● **Exercise description**
Retype, word for word, every line from the one holding "pub record Overrides" through the one holding "abbrev pub Settled" in the entries below, both included, and only those lines.

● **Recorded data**
-*-*-

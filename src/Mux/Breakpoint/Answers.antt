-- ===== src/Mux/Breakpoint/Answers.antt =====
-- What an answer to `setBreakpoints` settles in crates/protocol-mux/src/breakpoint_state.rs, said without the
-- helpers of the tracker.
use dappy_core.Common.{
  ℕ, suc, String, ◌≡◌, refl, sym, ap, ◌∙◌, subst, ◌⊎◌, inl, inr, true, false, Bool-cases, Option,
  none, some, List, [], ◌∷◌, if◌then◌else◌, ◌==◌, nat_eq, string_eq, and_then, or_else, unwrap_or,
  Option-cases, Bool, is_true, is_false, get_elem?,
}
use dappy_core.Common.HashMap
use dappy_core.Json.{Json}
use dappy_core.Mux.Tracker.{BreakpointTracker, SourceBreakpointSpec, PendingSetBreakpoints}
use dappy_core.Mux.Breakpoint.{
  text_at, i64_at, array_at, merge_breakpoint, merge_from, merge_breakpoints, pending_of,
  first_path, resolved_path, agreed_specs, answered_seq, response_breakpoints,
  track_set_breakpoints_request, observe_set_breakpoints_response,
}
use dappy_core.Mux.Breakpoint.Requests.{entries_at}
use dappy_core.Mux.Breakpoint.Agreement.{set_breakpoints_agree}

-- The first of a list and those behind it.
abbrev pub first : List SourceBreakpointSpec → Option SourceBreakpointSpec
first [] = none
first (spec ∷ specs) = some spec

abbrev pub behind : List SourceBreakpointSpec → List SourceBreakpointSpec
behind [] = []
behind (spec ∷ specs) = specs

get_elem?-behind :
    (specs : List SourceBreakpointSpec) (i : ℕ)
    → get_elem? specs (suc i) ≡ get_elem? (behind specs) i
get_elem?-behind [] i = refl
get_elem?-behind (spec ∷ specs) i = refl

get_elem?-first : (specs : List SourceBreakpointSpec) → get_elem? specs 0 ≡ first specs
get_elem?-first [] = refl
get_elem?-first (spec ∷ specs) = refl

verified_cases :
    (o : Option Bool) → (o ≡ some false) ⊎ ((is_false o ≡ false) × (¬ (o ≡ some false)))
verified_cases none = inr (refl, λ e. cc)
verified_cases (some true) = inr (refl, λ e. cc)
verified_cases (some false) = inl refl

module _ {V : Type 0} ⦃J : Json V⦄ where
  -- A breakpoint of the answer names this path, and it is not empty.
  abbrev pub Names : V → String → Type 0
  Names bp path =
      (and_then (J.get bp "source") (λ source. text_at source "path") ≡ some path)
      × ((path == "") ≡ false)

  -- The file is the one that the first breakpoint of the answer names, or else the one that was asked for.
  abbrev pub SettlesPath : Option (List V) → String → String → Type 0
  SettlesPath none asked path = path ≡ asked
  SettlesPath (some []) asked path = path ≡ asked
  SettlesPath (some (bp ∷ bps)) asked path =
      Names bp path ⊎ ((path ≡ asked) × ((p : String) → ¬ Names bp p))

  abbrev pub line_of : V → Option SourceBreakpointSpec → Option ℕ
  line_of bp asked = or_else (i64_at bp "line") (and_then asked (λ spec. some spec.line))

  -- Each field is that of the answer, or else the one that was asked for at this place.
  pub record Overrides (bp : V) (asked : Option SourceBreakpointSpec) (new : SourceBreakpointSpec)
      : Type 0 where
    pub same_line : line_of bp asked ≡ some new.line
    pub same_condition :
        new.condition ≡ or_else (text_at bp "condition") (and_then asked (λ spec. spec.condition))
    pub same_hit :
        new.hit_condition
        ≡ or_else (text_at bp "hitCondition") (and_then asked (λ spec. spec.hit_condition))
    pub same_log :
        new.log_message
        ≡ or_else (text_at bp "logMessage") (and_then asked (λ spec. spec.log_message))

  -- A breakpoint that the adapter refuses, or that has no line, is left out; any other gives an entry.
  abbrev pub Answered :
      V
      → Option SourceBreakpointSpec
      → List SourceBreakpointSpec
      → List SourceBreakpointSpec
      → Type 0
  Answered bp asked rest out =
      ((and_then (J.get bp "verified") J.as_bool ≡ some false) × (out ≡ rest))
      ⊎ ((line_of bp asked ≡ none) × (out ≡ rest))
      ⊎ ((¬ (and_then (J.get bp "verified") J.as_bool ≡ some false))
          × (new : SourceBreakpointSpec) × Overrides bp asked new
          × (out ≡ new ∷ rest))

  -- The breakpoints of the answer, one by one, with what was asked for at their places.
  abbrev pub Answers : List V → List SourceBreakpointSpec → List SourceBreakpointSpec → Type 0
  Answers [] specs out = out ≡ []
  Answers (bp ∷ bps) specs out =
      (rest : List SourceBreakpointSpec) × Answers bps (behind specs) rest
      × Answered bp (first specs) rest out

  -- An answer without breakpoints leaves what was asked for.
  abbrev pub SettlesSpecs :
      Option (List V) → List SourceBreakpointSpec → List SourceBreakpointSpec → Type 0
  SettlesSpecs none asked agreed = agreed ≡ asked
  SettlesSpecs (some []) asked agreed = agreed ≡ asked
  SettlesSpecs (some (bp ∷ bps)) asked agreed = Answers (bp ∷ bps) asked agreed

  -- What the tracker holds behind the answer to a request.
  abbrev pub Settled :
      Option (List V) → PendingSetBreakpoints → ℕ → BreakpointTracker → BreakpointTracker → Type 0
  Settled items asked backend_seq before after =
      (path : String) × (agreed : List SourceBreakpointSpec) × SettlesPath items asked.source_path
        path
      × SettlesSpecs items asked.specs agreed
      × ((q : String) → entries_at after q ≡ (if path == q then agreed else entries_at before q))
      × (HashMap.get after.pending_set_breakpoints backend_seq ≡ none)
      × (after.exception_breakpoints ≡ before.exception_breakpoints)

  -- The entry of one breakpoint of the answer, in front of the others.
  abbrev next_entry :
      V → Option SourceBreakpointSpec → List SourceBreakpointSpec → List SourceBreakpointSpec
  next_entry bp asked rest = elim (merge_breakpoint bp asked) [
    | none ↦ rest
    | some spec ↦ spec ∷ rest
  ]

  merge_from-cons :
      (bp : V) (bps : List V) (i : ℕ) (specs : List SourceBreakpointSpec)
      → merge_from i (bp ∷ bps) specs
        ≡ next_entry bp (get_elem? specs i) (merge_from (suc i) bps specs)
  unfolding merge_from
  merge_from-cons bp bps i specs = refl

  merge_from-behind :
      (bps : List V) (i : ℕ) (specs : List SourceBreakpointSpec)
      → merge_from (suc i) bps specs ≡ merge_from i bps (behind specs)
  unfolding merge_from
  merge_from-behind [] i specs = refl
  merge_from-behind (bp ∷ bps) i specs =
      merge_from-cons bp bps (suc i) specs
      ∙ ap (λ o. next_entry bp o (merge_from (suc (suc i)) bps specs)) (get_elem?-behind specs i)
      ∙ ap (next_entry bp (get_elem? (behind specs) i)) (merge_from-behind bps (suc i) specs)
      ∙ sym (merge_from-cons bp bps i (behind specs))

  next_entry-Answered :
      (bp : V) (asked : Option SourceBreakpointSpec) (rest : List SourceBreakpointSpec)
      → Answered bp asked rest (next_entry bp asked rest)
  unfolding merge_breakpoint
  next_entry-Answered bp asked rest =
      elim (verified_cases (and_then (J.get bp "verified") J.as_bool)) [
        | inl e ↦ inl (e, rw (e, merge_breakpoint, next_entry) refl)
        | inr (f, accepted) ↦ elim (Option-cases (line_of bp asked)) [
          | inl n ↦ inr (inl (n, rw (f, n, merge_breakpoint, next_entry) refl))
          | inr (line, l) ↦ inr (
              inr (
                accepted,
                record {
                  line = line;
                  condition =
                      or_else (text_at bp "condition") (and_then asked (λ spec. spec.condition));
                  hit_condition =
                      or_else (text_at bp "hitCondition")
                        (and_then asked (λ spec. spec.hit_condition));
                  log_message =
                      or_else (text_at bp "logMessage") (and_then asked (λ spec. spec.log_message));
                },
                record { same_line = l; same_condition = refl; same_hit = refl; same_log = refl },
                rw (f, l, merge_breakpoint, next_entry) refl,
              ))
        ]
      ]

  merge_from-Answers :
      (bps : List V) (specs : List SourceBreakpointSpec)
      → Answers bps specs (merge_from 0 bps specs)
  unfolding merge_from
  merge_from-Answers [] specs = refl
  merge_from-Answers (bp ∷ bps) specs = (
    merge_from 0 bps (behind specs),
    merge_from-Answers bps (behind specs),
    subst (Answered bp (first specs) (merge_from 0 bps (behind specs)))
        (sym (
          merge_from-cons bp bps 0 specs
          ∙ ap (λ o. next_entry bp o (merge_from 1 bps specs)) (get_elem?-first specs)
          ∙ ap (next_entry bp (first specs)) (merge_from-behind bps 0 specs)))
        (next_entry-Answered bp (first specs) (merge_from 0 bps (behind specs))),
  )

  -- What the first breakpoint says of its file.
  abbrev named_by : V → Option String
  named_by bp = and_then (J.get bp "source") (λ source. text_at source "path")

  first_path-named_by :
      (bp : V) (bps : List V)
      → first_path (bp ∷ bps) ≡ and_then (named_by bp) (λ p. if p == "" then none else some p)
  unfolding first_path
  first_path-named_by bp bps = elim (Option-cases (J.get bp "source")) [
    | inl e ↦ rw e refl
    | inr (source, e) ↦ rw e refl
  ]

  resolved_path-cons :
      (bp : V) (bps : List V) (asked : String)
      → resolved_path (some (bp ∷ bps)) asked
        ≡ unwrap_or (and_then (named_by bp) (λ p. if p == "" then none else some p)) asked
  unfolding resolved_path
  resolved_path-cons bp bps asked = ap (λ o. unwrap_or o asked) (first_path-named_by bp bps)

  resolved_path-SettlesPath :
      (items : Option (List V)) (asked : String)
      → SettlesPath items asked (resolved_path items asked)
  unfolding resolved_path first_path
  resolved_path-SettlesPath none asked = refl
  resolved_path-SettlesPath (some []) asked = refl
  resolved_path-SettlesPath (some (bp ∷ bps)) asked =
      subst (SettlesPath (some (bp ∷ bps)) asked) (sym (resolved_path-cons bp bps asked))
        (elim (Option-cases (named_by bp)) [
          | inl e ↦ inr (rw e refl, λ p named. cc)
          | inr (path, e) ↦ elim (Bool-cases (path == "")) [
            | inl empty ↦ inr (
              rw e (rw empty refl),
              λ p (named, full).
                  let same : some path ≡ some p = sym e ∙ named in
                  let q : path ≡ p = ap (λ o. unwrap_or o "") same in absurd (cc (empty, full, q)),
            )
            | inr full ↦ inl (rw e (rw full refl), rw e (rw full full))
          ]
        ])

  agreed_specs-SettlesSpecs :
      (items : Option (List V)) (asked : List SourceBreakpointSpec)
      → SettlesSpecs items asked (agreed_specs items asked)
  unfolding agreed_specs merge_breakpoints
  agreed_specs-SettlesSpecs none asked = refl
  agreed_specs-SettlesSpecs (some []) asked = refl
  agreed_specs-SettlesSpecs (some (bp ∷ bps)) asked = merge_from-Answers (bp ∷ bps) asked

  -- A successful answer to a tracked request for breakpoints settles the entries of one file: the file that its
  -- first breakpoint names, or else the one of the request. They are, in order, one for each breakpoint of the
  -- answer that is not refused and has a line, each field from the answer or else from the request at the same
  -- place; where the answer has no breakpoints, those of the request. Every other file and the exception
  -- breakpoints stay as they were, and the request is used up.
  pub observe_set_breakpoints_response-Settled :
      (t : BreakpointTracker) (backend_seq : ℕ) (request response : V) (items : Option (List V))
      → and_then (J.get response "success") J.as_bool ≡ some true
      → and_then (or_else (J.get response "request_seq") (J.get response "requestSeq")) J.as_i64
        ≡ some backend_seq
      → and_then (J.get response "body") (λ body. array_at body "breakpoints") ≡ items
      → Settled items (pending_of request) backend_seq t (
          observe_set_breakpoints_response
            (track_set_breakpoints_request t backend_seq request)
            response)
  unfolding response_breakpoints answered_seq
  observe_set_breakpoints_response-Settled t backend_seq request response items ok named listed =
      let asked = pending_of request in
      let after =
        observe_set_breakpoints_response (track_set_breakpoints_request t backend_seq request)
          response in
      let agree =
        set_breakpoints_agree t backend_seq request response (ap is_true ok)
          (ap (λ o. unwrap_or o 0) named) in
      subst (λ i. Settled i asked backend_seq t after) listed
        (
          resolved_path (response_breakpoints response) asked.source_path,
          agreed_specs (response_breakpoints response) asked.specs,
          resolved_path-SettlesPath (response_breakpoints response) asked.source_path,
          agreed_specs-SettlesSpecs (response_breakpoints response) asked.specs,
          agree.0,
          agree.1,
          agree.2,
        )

-*-*-

● **Answer section**
  pub record Overrides (bp : V) (asked : Option SourceBreakpointSpec) (new : SourceBreakpointSpec)
      : Type 0 where
    pub same_line : line_of bp asked ≡ some new.line
    pub same_condition :
        new.condition ≡ or_else (text_at bp "condition") (and_then asked (λ spec. spec.condition))
    pub same_hit :
        new.hit_condition
        ≡ or_else (text_at bp "hitCondition") (and_then asked (λ spec. spec.hit_condition))
    pub same_log :
        new.log_message
        ≡ or_else (text_at bp "logMessage") (and_then asked (λ spec. spec.log_message))

  -- A breakpoint that the adapter refuses, or that has no line, is left out; any other gives an entry.
  abbrev pub Answered :
      V
      → Option SourceBreakpointSpec
      → List SourceBreakpointSpec
      → List SourceBreakpointSpec
      → Type 0
  Answered bp asked rest out =
      ((and_then (J.get bp "verified") J.as_bool ≡ some false) × (out ≡ rest))
      ⊎ ((line_of bp asked ≡ none) × (out ≡ rest))
      ⊎ ((¬ (and_then (J.get bp "verified") J.as_bool ≡ some false))
          × (new : SourceBreakpointSpec) × Overrides bp asked new
          × (out ≡ new ∷ rest))

  -- The breakpoints of the answer, one by one, with what was asked for at their places.
  abbrev pub Answers : List V → List SourceBreakpointSpec → List SourceBreakpointSpec → Type 0
  Answers [] specs out = out ≡ []
  Answers (bp ∷ bps) specs out =
      (rest : List SourceBreakpointSpec) × Answers bps (behind specs) rest
      × Answered bp (first specs) rest out

  -- An answer without breakpoints leaves what was asked for.
  abbrev pub SettlesSpecs :
      Option (List V) → List SourceBreakpointSpec → List SourceBreakpointSpec → Type 0
  SettlesSpecs none asked agreed = agreed ≡ asked
  SettlesSpecs (some []) asked agreed = agreed ≡ asked
  SettlesSpecs (some (bp ∷ bps)) asked agreed = Answers (bp ∷ bps) asked agreed

  -- What the tracker holds behind the answer to a request.
  abbrev pub Settled :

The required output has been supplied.